The development endpoints for :zookeeper
and Kafka :brokers
will
be in your local machine. The :samza-overrides
this is required only
for local development.
Similarly, the :tracking
for development purposes can be enabled
on the console, but for a production environment you might want to publish
all metrics to the monitoring machine. More detail on this is available
on Samsara’s TRACKit! project.
Now let’s create a the processing functions:
(ns my-streaming-app.core
(:require [samsara-core.core :as sam] ; default pipeline
[moebius.core :refer :all] ; processing functions
[moebius.kv :as kv] ; state management
))
We require the samsara CORE and the moebius for the processing functions:
now we can create our enrichment, filtering and correlation functions:
;;
;; Enrichment example.
;; You can compute any additional field and inject it
;; directly into the event.
;;
(defenrich game-name
[event]
(assoc event :game-name "Apocalypse Now"))
;;
;; Filtering example.
;; You can tell the pipeline to discard events
;; which match a particular condition.
;;
(deffilter no-ads [{:keys [eventName]}]
(not= eventName "game.ad.displayed"))
;;
;; Correlation example.
;; Based on the events you are processing
;; you can produce new events
;;
(defcorrelate new-player
[{:keys [eventName level timestamp sourceId] :as event}]
(when (and (= eventName "game.started")
(= level 1))
[{:timestamp timestamp :sourceId sourceId :eventName "game.new.player"}]))

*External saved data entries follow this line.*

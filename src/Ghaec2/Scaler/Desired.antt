-- ===== src/Ghaec2/Scaler/Desired.antt =====
-- The scaling decision: its bounds, and what a scale-up and a scale-down do to the tracker.
use Prim.Native.String.{slice}
use actionsspot.Prelude.{
  ℕ, zero, suc, ◌+◌, ◌-◌, ◌<◌, ◌^◌, min, ℤ, pos, negsuc, pos_part, ◌≤ℤ◌, ◌<ℤ◌, ltb_ℤ, InInt64, ◌-ℤ◌,
  -ℤ_exact, String, ◌+++◌, ◌≡◌, refl, ◌∙◌, ◌↔◌, true, false, none, length, arith,
}
use actionsspot.Effect.{Env, ok, ◌>>=◌}
use actionsspot.Ghaec2.Config.{Config}
use actionsspot.Ghaec2.Tracker.{keys, lookup, is_idle, passes}
use actionsspot.Ghaec2.Tracker.Named.{Named, idle_keys}
use actionsspot.Ghaec2.Tracker.Laws.{
  Unique, Distinct, length-insert, terminate_idle_count, terminate_idle_keeps_busy,
}
use actionsspot.Ghaec2.Scaler.{
  Scaler, gets, create_runner, create_runners, terminate_idle_runners, get_current_runner_count,
  desired_runners, handle_desired_runner_count,
}

-- With ordered bounds the decision lies within them, and it is the number of assigned jobs
-- exactly when that lies within them.
pub desired_runners_bounds :
    (c : Config) (assigned : ℤ)
    → c.min_runners ≤ℤ c.max_runners
    → (c.min_runners ≤ℤ desired_runners c assigned)
      × (desired_runners c assigned ≤ℤ c.max_runners)
      × ((desired_runners c assigned ≡ assigned)
          ↔ ((c.min_runners ≤ℤ assigned) × (assigned ≤ℤ c.max_runners)))
unfolding desired_runners
desired_runners_bounds c assigned h = ground arith

pub gap_up : (d : ℤ) (n : ℕ) → InInt64 d → pos n <ℤ d → d -ℤ pos n ≡ pos (pos_part d - n)
gap_up (pos d) n r h = -ℤ_exact (pos d) (pos n) (ground arith) ∙ ground arith
gap_up (negsuc d) n r h = absurd (omega arith)

gap_down :
    (d : ℤ) (n : ℕ) → n < 2 ^ 63 → pos 0 ≤ℤ d → d <ℤ pos n → pos n -ℤ d ≡ pos (n - pos_part d)
gap_down (pos d) n r p h = -ℤ_exact (pos n) (pos d) (ground arith) ∙ ground arith
gap_down (negsuc d) n r p h = absurd (omega arith)

pub test_of_lt : (a b : ℤ) → a <ℤ b → ltb_ℤ a b ≡ true
test_of_lt a b h = ground arith

-- The key that the next instance gets.
abbrev next_key : Env → Scaler → String
next_key env s = "i-" +++ slice (env.new_uuid s.history) 0 8

module _ (env : Env) where
  -- The states that a number of creations leads through.
  unfoldable pub grow : ℕ → Scaler → Scaler
  grow zero s = s
  grow (suc n) s = grow n (create_runner env s).1

  -- In each of `n` creations the key drawn is new.
  abbrev Fresh : ℕ → Scaler → Type 0
  Fresh zero s = Unit
  Fresh (suc n) s = (lookup (next_key env s) s.instances ≡ none) × Fresh n (create_runner env s).1

  create_runners_lem : (n : ℕ) (s : Scaler) → create_runners env n s ≡ (ok tt, grow n s)
  unfolding create_runners grow ◌>>=◌ create_runner
  create_runners_lem zero s = refl
  create_runners_lem (suc n) s = create_runners_lem n (create_runner env s).1

  length-create_runner :
      (s : Scaler)
      → lookup (next_key env s) s.instances ≡ none
      → length (create_runner env s).1.instances ≡ length s.instances + 1
  unfolding create_runner
  length-create_runner s h = length-insert _ _ s.instances h

  length-grow :
      (n : ℕ) (s : Scaler) → Fresh n s → length (grow n s).instances ≡ length s.instances + n
  unfolding grow
  length-grow zero s h = omega arith
  length-grow (suc n) s h =
      omega (arith, length-grow n (create_runner env s).1 h.1, length-create_runner s h.0)

  abbrev pub current : Scaler → ℤ
  current s = pos (length s.instances)

  abbrev pub desired : ℤ → Scaler → ℤ
  desired assigned s = desired_runners s.config assigned

  pub decision_up :
      (a c : ℤ) (s : Scaler)
      → ltb_ℤ (current s) (desired a s) ≡ true
      → handle_desired_runner_count env a c s
        ≡ (ok (desired a s), grow (pos_part (desired a s -ℤ current s)) s)
  unfolding handle_desired_runner_count ◌>>=◌ gets get_current_runner_count
  decision_up a c s h = ground (arith, create_runners_lem (pos_part (desired a s -ℤ current s)) s)

  pub decision_down :
      (a c : ℤ) (s : Scaler)
      → ltb_ℤ (desired a s) (current s) ≡ true
      → handle_desired_runner_count env a c s
        ≡ (ok (desired a s), (terminate_idle_runners env (current s -ℤ desired a s) s).1)
  unfolding handle_desired_runner_count ◌>>=◌ gets get_current_runner_count terminate_idle_runners
  decision_down a c s h = ground arith

  pub decision_stay :
      (a c : ℤ) (s : Scaler)
      → desired a s ≡ current s
      → handle_desired_runner_count env a c s ≡ (ok (desired a s), s)
  unfolding handle_desired_runner_count ◌>>=◌ gets get_current_runner_count
  decision_stay a c s h = ground arith

  -- A scale-up to a decision that an int64 holds reaches it exactly, when the keys that it draws are
  -- new; the decision is returned, and no error.
  pub scale_up_reaches :
      (a c : ℤ) (s : Scaler)
      → InInt64 (desired a s)
      → current s <ℤ desired a s
      → Fresh (pos_part (desired a s) - length s.instances) s
      → ((handle_desired_runner_count env a c s).0 ≡ ok (desired a s))
        × (pos (length (handle_desired_runner_count env a c s).1.instances) ≡ desired a s)
  scale_up_reaches a c s range h fresh =
      rw
        (
          decision_up a c s (test_of_lt (current s) (desired a s) h),
          gap_up (desired a s) (length s.instances) range h,
          length-grow (pos_part (desired a s) - length s.instances) s fresh,
        )
        (refl, ground (arith))

  -- A scale-down of fewer than 2^63 instances to a decision that is not negative removes as many as
  -- there are too many, or all the idle ones if these are fewer, when the tracker has one entry for
  -- each key, each instance under its own id, and the loop over it visits no key twice.
  pub scale_down_removes :
      (a c : ℤ) (s : Scaler)
      → length s.instances < 2 ^ 63
      → pos 0 ≤ℤ desired a s
      → desired a s <ℤ current s
      → Unique s.instances
      → Named s.instances
      → Distinct (env.visit s.history (keys s.instances))
      → length (handle_desired_runner_count env a c s).1.instances
          + min
              (length s.instances - pos_part (desired a s))
              (length (idle_keys (env.visit s.history (keys s.instances)) s.instances))
        ≡ length s.instances
  unfolding terminate_idle_runners
  scale_down_removes a c s small nonneg h unique named distinct =
      let order = env.visit s.history (keys s.instances) in
      let n = length s.instances - pos_part (desired a s) in
      rw
        (
          decision_down a c s (test_of_lt (desired a s) (current s) h),
          gap_down (desired a s) (length s.instances) small nonneg h,
        )
        (terminate_idle_count order n s.instances distinct unique named)

  -- Where the decision is below the current number and each instance stands under its own id, an
  -- instance that is not idle keeps its entry.
  pub scale_down_keeps_busy :
      (a c : ℤ) (s : Scaler) (k : String)
      → desired a s <ℤ current s
      → Named s.instances
      → passes is_idle (lookup k s.instances) ≡ false
      → lookup k (handle_desired_runner_count env a c s).1.instances ≡ lookup k s.instances
  unfolding terminate_idle_runners
  scale_down_keeps_busy a c s k h named busy =
      rw (decision_down a c s (test_of_lt (desired a s) (current s) h)) (
        terminate_idle_keeps_busy (env.visit s.history (keys s.instances))
          (current s -ℤ desired a s) s.instances k named busy)
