-- ===== src/Ghaec2/Scaler/Expiry/Texts.antt =====
-- The texts of errors, against the two that isMessageQueueTokenExpiredError looks for.
use text.Mathlib.Text.{starts_with}
use actionsspot.Prelude.{
  ℕ, String, ◌+++◌, ◌≡◌, refl, false, Option, decimal, eq_iff, str_eq, prefix_ne, Bool-cases, inl,
  inr,
}
use actionsspot.Effect.{Error, plain, wrap, actions, actions_detail, error_text}
use actionsspot.Ghaec2.Scaler.{is_token_expired}

-- A text that is no beginning of either text looked for.
abbrev pub IsNotice : String → Type 0
IsNotice p =
    (starts_with "message queue token expired" p ≡ false) × (starts_with "unauthorized" p ≡ false)

notice_ne : (p s t : String) → starts_with t p ≡ false → str_eq (p +++ s) t ≡ false
notice_ne p s t h = elim (Bool-cases (str_eq (p +++ s) t)) [
  | inl same ↦ absurd (prefix_ne p s t h ((eq_iff (p +++ s) t).0 same))
  | inr other ↦ other
]

expired_text :
    (e : Error) (p s : String) → error_text e ≡ p +++ s → IsNotice p → is_token_expired e ≡ false
unfolding is_token_expired
expired_text e p s q n =
    rw (q, notice_ne p s "message queue token expired" n.0, notice_ne p s "unauthorized" n.1)

pub wrap_not_expired : (p : String) (e : Error) → IsNotice p → is_token_expired (wrap p e) ≡ false
wrap_not_expired p e n =
    expired_text (wrap p e) p (": " +++ error_text e) (unfold error_text in refl) n

pub plain_not_expired : (p s : String) → IsNotice p → is_token_expired (plain (p +++ s)) ≡ false
plain_not_expired p s n = expired_text (plain (p +++ s)) p s (unfold error_text in refl) n

pub actions_not_expired :
    (n : ℕ) (activity message : String) (e : Option String)
    → is_token_expired (actions n activity message e) ≡ false
actions_not_expired n activity message e =
    expired_text (actions n activity message e) "Actions API error (status: "
      (decimal n +++ ", activity: " +++ activity +++ "): " +++ actions_detail message e)
      (unfold error_text in refl) (refl, refl)

pub capacity_not_expired :
    is_token_expired (plain "maxCapacity must be greater than or equal to 0") ≡ false
unfolding is_token_expired error_text
capacity_not_expired = refl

At this point we are able to compose our functions into a pipeline as follow:
;;
;; Pipelines.
;; Finally you can compose your pipelines
;; chaining your processing functions in the order
;; you wish process them.
;;
(def my-pipeline
(pipeline
(sam/make-samsara-pipeline {})
game-name
no-ads
new-player))
;;
;; Finally you can produce a moebius
;; function which is it used by Samsara-CORE
;; to process incoming events.
;;
(defn make-processor [config]
(moebius my-pipeline))
That’s all we need to create our custom processing functions.
To see more about the processing functions read the Develop your stream processing pipelines page.
Testing
If you wish to test your function you can use any of the standard Clojure testing framework such as midje.
Here is an example of testing:
(ns my-streaming-app.core-test
(:require [my-streaming-app.core :refer :all]
[midje.sweet :refer :all]))
(fact "ENRICHMENT: the game-name must be injected into all events"
(game-name
{:eventName "game.started"
:timestamp 1430760258401
:sourceId "device1"
:level 1})
=> (contains {:game-name "Apocalypse Now"}))
(fact "FILTERING: filtering should drop game.ad.displayed"
;; no surprise here the predicates work like in filter function
(no-ads {:eventName "game.level.completed"
:timestamp 1430760258403
:sourceId "device1"
:levelCompleted 1})
=> true
;; when it doesn't match `false` or `nil` is returned
(no-ads {:eventName "game.ad.displayed"
:timestamp 1430760258402
:sourceId "device1"})
=> false)
(fact "CORRELATION: when a game.started event if found with a level=1,
we could infer that a new player started play with our game."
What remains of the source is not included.